» WHAT IS REQUIRED: Please find all lines containing "some" in the listing below and copy them.

--- --- ---

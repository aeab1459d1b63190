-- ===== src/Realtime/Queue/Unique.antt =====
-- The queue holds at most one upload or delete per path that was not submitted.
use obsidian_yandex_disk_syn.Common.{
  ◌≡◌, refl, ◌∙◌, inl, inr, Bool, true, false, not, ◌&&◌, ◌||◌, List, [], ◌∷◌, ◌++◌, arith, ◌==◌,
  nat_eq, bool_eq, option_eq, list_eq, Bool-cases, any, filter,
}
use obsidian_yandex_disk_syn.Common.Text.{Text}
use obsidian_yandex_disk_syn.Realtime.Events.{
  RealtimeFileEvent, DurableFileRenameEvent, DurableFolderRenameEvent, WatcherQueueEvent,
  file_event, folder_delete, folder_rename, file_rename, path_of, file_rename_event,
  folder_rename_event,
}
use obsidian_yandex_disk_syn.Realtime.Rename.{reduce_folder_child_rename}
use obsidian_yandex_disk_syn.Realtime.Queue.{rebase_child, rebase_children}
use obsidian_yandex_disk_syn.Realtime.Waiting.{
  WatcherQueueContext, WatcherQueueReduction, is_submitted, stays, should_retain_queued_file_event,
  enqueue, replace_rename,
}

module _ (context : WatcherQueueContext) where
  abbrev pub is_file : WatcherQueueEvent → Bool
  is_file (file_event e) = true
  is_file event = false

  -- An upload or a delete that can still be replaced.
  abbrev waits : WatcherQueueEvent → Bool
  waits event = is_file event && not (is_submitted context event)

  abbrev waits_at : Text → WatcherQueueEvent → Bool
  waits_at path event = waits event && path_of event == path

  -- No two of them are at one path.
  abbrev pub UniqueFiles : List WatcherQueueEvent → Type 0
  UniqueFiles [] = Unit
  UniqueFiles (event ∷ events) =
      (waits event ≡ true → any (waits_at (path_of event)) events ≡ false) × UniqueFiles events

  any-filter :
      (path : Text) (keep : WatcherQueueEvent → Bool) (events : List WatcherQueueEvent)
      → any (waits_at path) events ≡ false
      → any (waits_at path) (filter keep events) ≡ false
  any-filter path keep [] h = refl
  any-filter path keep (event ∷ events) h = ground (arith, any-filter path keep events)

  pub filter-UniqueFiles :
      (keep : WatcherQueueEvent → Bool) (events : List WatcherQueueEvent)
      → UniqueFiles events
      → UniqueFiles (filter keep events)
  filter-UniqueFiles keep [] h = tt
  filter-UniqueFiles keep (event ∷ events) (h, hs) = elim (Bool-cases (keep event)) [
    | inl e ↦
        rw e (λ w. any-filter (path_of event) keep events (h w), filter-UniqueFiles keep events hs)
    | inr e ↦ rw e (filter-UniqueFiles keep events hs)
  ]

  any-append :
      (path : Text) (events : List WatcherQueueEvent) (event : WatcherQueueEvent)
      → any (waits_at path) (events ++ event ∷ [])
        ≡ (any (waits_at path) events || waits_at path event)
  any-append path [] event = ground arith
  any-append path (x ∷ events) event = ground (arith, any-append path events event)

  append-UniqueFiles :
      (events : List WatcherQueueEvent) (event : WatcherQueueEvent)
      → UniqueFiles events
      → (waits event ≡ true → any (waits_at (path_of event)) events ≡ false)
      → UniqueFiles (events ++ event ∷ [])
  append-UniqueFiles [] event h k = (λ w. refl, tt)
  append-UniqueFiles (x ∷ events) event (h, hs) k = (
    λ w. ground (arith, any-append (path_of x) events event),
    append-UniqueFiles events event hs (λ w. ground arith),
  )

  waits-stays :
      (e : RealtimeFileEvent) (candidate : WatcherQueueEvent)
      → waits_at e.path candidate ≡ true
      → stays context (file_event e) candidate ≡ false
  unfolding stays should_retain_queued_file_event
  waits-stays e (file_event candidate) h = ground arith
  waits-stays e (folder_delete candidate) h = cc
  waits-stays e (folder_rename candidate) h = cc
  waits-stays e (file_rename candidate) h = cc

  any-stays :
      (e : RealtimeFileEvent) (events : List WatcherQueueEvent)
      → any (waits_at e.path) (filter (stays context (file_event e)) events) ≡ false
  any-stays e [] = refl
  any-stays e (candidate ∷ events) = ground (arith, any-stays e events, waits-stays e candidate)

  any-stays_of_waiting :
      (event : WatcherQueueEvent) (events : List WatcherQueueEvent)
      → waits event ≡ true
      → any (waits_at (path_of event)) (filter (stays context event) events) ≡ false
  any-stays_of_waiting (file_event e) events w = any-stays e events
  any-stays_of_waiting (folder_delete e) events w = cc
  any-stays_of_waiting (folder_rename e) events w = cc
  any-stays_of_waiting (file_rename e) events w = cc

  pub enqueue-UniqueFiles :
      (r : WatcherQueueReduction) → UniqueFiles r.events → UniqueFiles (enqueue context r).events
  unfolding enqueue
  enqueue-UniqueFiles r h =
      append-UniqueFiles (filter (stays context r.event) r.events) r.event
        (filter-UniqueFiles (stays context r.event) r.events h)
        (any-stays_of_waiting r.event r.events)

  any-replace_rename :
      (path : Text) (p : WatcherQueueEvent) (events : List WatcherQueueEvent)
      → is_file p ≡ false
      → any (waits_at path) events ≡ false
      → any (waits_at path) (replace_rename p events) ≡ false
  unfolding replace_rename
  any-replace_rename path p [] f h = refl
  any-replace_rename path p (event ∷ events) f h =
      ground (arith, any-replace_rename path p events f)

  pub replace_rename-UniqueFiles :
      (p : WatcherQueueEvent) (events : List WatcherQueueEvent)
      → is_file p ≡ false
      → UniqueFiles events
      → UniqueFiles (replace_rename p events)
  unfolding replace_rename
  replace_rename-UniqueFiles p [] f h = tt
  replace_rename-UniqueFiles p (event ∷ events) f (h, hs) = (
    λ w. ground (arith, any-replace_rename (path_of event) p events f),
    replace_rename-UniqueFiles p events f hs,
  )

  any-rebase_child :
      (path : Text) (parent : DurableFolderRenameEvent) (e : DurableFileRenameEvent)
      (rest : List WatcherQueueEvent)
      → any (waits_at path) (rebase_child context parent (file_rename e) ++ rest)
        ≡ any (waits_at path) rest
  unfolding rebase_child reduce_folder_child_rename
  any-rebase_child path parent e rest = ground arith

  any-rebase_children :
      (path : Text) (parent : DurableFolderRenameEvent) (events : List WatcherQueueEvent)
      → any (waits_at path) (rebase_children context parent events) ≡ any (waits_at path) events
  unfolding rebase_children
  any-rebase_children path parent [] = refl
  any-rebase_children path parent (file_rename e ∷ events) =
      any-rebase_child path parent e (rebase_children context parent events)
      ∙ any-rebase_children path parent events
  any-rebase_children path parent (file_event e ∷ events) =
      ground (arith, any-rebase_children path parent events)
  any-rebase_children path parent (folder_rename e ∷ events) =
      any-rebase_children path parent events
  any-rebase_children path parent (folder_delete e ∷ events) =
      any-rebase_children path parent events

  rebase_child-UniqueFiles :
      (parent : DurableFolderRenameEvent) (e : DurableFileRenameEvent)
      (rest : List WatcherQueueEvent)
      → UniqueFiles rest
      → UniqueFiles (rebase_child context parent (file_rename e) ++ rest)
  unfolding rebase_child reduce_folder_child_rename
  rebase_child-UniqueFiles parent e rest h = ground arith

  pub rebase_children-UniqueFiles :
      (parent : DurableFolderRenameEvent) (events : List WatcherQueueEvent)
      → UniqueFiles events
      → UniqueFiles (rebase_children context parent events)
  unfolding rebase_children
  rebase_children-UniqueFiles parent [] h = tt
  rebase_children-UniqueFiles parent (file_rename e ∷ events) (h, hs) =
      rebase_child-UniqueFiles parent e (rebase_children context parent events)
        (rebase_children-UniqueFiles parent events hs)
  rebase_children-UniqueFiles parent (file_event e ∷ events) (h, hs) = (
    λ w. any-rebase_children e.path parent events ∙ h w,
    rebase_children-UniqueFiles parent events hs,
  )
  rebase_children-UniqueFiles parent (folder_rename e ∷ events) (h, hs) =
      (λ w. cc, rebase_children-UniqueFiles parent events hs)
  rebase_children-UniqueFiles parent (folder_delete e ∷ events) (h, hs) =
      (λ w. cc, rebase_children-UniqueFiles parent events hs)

--- --- ---

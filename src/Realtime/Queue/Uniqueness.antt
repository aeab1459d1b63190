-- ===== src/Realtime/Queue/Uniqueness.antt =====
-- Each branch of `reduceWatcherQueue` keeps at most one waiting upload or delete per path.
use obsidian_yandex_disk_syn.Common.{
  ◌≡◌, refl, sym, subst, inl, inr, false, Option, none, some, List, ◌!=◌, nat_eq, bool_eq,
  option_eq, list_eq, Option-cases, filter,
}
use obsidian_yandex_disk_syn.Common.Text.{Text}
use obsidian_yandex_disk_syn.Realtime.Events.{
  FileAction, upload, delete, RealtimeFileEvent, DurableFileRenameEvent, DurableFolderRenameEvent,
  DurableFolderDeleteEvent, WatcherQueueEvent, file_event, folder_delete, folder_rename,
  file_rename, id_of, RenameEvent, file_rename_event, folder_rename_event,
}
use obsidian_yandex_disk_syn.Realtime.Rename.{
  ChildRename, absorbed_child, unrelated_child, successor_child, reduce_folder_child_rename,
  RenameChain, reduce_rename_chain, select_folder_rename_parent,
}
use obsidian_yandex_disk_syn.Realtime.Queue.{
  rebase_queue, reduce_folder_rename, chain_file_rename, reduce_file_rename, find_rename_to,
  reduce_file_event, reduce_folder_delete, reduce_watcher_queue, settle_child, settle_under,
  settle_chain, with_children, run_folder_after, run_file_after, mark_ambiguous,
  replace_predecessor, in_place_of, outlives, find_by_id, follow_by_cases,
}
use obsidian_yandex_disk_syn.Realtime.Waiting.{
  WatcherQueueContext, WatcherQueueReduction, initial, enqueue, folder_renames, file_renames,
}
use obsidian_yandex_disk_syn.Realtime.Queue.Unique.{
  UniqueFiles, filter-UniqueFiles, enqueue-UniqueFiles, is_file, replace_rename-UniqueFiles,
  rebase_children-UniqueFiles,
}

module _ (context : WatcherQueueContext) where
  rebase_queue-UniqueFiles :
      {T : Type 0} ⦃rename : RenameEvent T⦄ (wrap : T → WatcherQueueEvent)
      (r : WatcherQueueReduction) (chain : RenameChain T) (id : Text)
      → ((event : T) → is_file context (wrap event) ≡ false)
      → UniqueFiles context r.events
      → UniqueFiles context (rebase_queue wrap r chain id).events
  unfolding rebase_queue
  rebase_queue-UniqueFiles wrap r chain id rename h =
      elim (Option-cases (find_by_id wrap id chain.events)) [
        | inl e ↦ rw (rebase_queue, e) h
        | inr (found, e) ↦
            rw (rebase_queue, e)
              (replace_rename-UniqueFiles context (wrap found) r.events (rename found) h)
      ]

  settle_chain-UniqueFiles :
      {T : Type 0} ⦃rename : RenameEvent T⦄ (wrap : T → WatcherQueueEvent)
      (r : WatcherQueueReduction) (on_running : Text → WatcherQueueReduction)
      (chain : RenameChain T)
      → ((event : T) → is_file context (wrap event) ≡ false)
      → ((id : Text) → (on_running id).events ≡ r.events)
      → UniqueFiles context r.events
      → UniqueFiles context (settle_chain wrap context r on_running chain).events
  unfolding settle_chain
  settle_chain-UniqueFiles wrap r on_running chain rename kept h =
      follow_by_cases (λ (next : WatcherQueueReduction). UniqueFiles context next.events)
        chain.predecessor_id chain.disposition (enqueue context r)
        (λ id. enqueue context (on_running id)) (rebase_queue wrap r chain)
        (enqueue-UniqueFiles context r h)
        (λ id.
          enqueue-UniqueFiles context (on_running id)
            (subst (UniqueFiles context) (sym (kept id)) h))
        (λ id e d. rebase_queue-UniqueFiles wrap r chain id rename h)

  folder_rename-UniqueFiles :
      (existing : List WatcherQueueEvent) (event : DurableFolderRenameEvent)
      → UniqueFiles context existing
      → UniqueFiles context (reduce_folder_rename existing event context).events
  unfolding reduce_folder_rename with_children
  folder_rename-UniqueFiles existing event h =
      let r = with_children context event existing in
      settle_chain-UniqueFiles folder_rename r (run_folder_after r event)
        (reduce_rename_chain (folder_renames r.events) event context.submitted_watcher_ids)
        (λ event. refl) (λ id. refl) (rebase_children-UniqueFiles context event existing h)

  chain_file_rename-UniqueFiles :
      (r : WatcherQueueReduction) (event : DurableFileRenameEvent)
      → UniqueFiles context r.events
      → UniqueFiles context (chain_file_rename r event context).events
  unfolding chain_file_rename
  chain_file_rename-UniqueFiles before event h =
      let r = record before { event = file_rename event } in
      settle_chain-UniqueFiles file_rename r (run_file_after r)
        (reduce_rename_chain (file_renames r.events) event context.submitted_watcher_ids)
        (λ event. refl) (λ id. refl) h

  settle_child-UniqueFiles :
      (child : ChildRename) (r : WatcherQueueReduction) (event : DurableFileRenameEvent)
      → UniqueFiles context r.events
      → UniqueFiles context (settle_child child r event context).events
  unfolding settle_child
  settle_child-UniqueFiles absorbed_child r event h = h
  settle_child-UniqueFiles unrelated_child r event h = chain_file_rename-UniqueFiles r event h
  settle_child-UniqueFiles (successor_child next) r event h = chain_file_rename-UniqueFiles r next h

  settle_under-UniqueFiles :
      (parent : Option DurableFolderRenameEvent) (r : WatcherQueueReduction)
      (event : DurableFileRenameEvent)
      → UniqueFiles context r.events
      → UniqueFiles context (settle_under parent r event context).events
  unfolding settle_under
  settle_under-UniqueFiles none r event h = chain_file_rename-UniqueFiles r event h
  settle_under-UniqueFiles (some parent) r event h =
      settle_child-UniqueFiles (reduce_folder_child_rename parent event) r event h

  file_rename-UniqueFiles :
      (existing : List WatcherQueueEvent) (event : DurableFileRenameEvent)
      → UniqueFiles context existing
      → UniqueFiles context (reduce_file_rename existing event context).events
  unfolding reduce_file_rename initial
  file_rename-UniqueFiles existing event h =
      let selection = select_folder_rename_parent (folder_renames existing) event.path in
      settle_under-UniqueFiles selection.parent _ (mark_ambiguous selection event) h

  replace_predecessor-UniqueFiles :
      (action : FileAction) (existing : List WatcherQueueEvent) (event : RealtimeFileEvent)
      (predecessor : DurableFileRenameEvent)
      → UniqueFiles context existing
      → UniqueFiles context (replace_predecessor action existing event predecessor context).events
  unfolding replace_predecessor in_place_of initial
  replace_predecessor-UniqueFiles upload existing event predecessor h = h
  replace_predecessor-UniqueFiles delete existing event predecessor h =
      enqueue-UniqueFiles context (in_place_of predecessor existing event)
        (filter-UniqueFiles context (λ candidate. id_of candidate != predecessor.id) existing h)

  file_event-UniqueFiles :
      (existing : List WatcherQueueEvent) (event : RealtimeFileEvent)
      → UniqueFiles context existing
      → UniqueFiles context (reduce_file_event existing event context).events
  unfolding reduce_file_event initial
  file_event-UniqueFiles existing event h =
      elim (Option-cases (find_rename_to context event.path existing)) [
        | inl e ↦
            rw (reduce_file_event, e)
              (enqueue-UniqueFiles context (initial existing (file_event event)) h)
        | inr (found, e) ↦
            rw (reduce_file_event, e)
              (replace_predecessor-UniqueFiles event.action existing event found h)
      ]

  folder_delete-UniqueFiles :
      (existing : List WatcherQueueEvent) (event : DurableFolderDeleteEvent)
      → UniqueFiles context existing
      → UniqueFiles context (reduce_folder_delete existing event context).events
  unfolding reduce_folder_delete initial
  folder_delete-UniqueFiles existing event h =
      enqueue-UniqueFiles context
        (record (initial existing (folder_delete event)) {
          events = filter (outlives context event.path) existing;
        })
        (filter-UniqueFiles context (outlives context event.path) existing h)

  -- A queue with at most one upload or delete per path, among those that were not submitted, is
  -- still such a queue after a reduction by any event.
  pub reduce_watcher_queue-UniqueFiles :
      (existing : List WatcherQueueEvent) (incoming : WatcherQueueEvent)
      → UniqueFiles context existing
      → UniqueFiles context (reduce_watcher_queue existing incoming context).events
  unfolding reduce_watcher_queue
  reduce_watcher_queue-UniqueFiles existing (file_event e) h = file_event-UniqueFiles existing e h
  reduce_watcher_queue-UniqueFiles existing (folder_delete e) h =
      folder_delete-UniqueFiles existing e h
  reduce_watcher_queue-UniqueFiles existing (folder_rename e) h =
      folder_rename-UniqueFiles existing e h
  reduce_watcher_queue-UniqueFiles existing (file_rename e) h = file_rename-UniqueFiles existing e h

--- --- ---

» EXERCISE RESPONSE:
  ◌≡◌, refl, sym, subst, inl, inr, false, Option, none, some, List, ◌!=◌, nat_eq, bool_eq,
  settle_under-UniqueFiles (some parent) r event h =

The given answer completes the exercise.